Sustainability at centre of Infrastructure Australia 2021 plan

Infrastructure Australia has released a 15-year vision of what it thinks infrastructure investment and delivery should look like in a post-pandemic, climate-compromised world.

Romilly Madew

The 2021 Australian Infrastructure Plan highlights a number of priorities for the nation’s multi-billion infrastructure spend, including supporting growth in regional centres, digitisation and sustainability.

It also calls for more transparency and collaboration in delivering the infrastructure pipeline, including procurement reform.

The plan covers key areas for investment including place-based intitiatives; telecommunications and digitisation; transport; sustainability; transitioning to a circular economy; and – for the first time – water security and social infrastructure.
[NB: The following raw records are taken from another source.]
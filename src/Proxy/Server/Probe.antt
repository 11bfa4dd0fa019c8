-- ===== src/Proxy/Server/Probe.antt =====
-- The operational endpoints behind the router.
use s3proxy4gcs.Base.{
  ◌≡◌, refl, sym, ap, ◌∙◌, Bool, true, false, not, any, ◌==◌, ◌||◌, none, some, List, [], Text,
  codes, text_eq, text_eq_iff, All,
}
use mathlib.Core.List.{Memᴰ}
use mathlib.Core.Bool.{true≢false}
use s3proxy4gcs.Http.{get, Request}
use s3proxy4gcs.Proxy.Monad.{M, write_header}
use s3proxy4gcs.Proxy.Client.{Env}
use s3proxy4gcs.Proxy.Dispatch.{handle_s3_request}
use s3proxy4gcs.Proxy.Ops.{health, readyz}
use s3proxy4gcs.Proxy.Server.{
  Route, routes, catch_all, Router, serve_route, throttle, serve_chi, serve,
}
use s3proxy4gcs.Proxy.Server.Routed.{IsRouter, All-Memᴰ}

-- A pattern that stands for one path alone: without a wildcard and without a named part.
abbrev pub is_literal : Text → Bool
is_literal pattern = not (any (λ c. c == b'*' || c == b'{') pattern)

-- A router that prefers the path itself: where the path has no encoding of its own (chi looks at
-- `URL.RawPath` first, which is empty then) and a literal pattern of a route of the method is that
-- path, it picks a route of that pattern.
pub record PrefersExact {W : Type 0} (chi : Router W) : Type 0 where
  pub exact :
      (rs : List (Route W)) (r : Request) (route : Route W)
      → Memᴰ route rs
      → route.method ≡ r.method
      → r.raw_path ≡ []
      → is_literal route.pattern ≡ true
      → route.pattern ≡ r.path
      → (other : Route W) × (chi.choose rs r ≡ some other) × (other.pattern ≡ r.path)

module _ {W : Type 0} (chi : Router W) (law : IsRouter chi) (prefers : PrefersExact chi)
    (env : Env W) (scrape : M W (Unit {0})) (r : Request) where
  serve_route-chosen :
      (rs : List (Route W)) (k : Route W)
      → chi.choose rs r ≡ some k
      → serve_route chi rs r ≡ k.handler r
  unfolding serve_route
  serve_route-chosen rs k e =
      ap
        (λ o. elim o as (λ _. M W (Unit {0})) [
          | some route ↦ route.handler r
          | none ↦ write_header (chi.refusal rs r)
        ])
        e

  serve_chi-admitted :
      throttle chi env r ≡ none → serve_chi chi env r ≡ serve_route chi (routes env) r
  unfolding serve_chi
  serve_chi-admitted e =
      ap
        (λ o. elim o as (λ _. M W (Unit {0})) [
          | some code ↦ write_header code
          | none ↦ serve_route chi (routes env) r
        ])
        e

  -- A path other than that of the metrics, for which a route of the method is registered with a
  -- literal pattern.
  serve-exact :
      (m : M W (Unit {0})) (route : Route W)
      → throttle chi env r ≡ none
      → text_eq r.path (codes "/metrics") ≡ false
      → Memᴰ route (routes env)
      → route.method ≡ r.method
      → r.raw_path ≡ []
      → is_literal route.pattern ≡ true
      → route.pattern ≡ r.path
      → All (λ (k : Route W). k.pattern ≡ r.path → k.handler r ≡ m) (routes env)
      → serve chi env scrape r ≡ m
  unfolding serve
  serve-exact m route free other mem same_method plain literal same_path alike =
      let (k, chosen, exact) =
        prefers.exact (routes env) r route mem same_method plain literal same_path in
      rw other (
        serve_chi-admitted free
        ∙ (serve_route-chosen (routes env) k chosen
            ∙ All-Memᴰ (λ (h : Route W). h.pattern ≡ r.path → h.handler r ≡ m) (routes env) k alike
                (law.registered (routes env) r k chosen).0 exact))

  unlike : {A : Type 0} (a b : Text) → text_eq a b ≡ false → a ≡ b → A
  unlike a b f e = absurd (true≢false (sym ((text_eq_iff a b).1 e) ∙ f))

  -- If the router picks only routes that are registered for the method, and prefers a route whose
  -- literal pattern is the path itself where the path has no encoding of its own (`RawPath` is
  -- empty), a GET of /health or /readyz without such an encoding that the throttle lets through is
  -- answered by the endpoint of that name, switched off or not, and never taken for a request to S3.
  pub serve-probe :
      throttle chi env r ≡ none
      → r.method ≡ get
      → r.raw_path ≡ []
      → (r.path ≡ codes "/health" → serve chi env scrape r ≡ health env)
        × (r.path ≡ codes "/readyz" → serve chi env scrape r ≡ readyz env)
  unfolding routes text_eq
  serve-probe free is_get plain = (
    λ p.
        let other : catch_all ≡ r.path → handle_s3_request env r ≡ health env =
          λ e. unlike catch_all (codes "/health") refl (e ∙ p) in
        serve-exact (health env) _ free (rw p refl) (Memᴰ.head refl) (sym is_get) plain refl (sym p)
          (
            λ e. refl,
            (
              λ e. unlike (codes "/readyz") (codes "/health") refl (e ∙ p),
              (other, (other, (other, (other, (other, tt))))),
            ),
          ),
    λ p.
        let other : catch_all ≡ r.path → handle_s3_request env r ≡ readyz env =
          λ e. unlike catch_all (codes "/readyz") refl (e ∙ p) in
        serve-exact (readyz env) _ free (rw p refl) (Memᴰ.tail (Memᴰ.head refl)) (sym is_get) plain
          refl (sym p)
          (
            λ e. unlike (codes "/health") (codes "/readyz") refl (e ∙ p),
            (λ e. refl, (other, (other, (other, (other, (other, tt)))))),
          ),
  )
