-- ===== src/Proxy/Transport.antt =====
-- main.go: the two reverse proxies, their transports and their pool of buffers, and what comes back
-- from a transport.
pub mod Isolated
pub mod Pool
use s3proxy4gcs.Base.{
  ℕ, ◌*◌, ◌%◌, Bool, true, false, Option, none, some, List, [], ◌∷◌, Text, Dict, codes, ℤ, pos,
  negsuc, is_positive, of_bits64, two_64, if◌then◌else◌,
}
use s3proxy4gcs.Config.{Settings}
use s3proxy4gcs.Proxy.Monad.{Plane, read_plane, write_plane}
use s3proxy4gcs.Proxy.Director.{Outgoing, modify_response}
use s3proxy4gcs.Translate.Cors.{second}

-- The fields of `http.Transport` that the source sets; the durations are in nanoseconds.
pub record Transport : Type 0 where
  pub max_idle_conns : ℤ
  pub max_idle_conns_per_host : ℤ
  pub idle_conn_timeout : ℤ
  pub response_header_timeout : ℤ
  pub tls_handshake_timeout : ℤ
  pub expect_continue_timeout : ℤ
  pub disable_compression : Bool
  pub force_attempt_http2 : Bool
  pub read_buffer_size : ℤ
  pub write_buffer_size : ℤ

pub data RoundTripper : Type 0 where
  dry_run_transport : RoundTripper
  http_transport : Transport → RoundTripper

-- The buffer size is that of the pool that both proxies share, where there is one.
pub record ReverseProxy : Type 0 where
  pub transport : RoundTripper
  pub flush_interval : ℤ
  pub buffer_size : Option ℤ

pub record Response : Type 0 where
  pub status_code : ℕ
  pub header : Dict Text
  pub body : Text
  pub request : Outgoing

-- `time.Duration(ms) * time.Millisecond` for a positive number, in int64.
unfoldable pub milliseconds : ℕ → ℤ
milliseconds ms = of_bits64 (ms * 1000000 % two_64)

module _ (settings : Settings) where
  unfoldable pub new_base_transport : ℤ → ℤ → Transport
  new_base_transport read_buf write_buf = record {
    max_idle_conns = settings.max_idle_conns;
    max_idle_conns_per_host = settings.max_idle_conns_per_host;
    idle_conn_timeout = settings.idle_conn_timeout;
    response_header_timeout = settings.response_header_timeout;
    tls_handshake_timeout = pos (10 * second);
    expect_continue_timeout = pos second;
    disable_compression = true;
    force_attempt_http2 = true;
    read_buffer_size = read_buf;
    write_buffer_size = write_buf;
  }

  -- A negative interval flushes behind every write.
  unfoldable pub flush_interval : ℤ → ℤ
  flush_interval (negsuc n) = negsuc 0
  flush_interval (pos ms) = if is_positive (pos ms) then milliseconds ms else pos 0

  unfoldable pub buffer_pool : Option ℤ
  buffer_pool =
      if is_positive settings.proxy_buffer_size then some settings.proxy_buffer_size else none

  abbrev transport : ℤ → ℤ → RoundTripper
  transport read_buf write_buf =
      if settings.dry_run
      then dry_run_transport
      else http_transport (new_base_transport read_buf write_buf)

  unfoldable pub read_proxy : ReverseProxy
  unfolding new_base_transport flush_interval buffer_pool
  read_proxy = record {
    transport = transport settings.read_buffer_size (pos 0);
    flush_interval = flush_interval settings.flush_interval_ms;
    buffer_size = buffer_pool;
  }

  unfoldable pub write_proxy : ReverseProxy
  unfolding new_base_transport buffer_pool
  write_proxy = record {
    transport = transport (pos 0) settings.write_buffer_size;
    flush_interval = pos 0;
    buffer_size = buffer_pool;
  }

  abbrev pub proxy_of : Plane → ReverseProxy
  proxy_of read_plane = read_proxy
  proxy_of write_plane = write_proxy

-- `dryRunTransport.RoundTrip`.
unfoldable pub dry_run_round_trip : Outgoing → Response
dry_run_round_trip o = record {
  status_code = 200;
  header = [];
  body = codes "Successfully proxied to GCS (DryRun - no real hits).";
  request = o;
}

-- What `http.Transport` gets from the network is a parameter; `none` is its error.
module _ {N : Type 0} (send : Transport → Outgoing → N → Option Response × N) where
  unfoldable pub round_trip : RoundTripper → Outgoing → N → Option Response × N
  unfolding dry_run_round_trip
  round_trip dry_run_transport o n = (some (dry_run_round_trip o), n)
  round_trip (http_transport t) o n = send t o n

  abbrev modified : Option Response → Option Response
  modified none = none
  modified (some resp) = some (record resp { header = modify_response resp.header })

  -- From the request that the director leaves to the response behind `ModifyResponse`.
  unfoldable pub exchange : Settings → Plane → Outgoing → N → Option Response × N
  unfolding round_trip
  exchange settings plane o n =
      let (resp, n') = round_trip (proxy_of settings plane).transport o n in (modified resp, n')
Infrastructure Australia CEO Romilly Madew says infrastructure investment is at record levels in Australia, with a historic $110 billion commitment from the federal government.

“The 2021 Plan highlights the importance of leveraging this investment through targeted reform to deliver better infrastructure services for our communities,” she said.

“We have seen significant investment in the infrastructure sector since the start of the pandemic, but to drive the next phase of the national recovery, we need to pursue reforms that unlock the full benefits of stimulus spending.”

Lasting reform would require higher levels collaboration between the federal government and its state, territory and local counterparts, she said.

Planning for a low emissions future

The Infrastructure Sustainability Council has applauded what it says is an emphasis on sustainability and resilience in the report.

CEO Ainsley Simpson says that’s in line with the council’s own strategic plan, which seeks to embed sustainability into decisions about infrastructure.

“We support systemic reform and are pleased to see a plan that advances infrastructure policy, planning and procurement for a resilient, inclusive and low-emission future,” she said.

Her views were echoed by Property Council CEO Ken Morrison, who said the plan recognised the role of the built environment in in achieving a net zero economy, including proposing a range of measures to encourage buildings to become more energy efficient.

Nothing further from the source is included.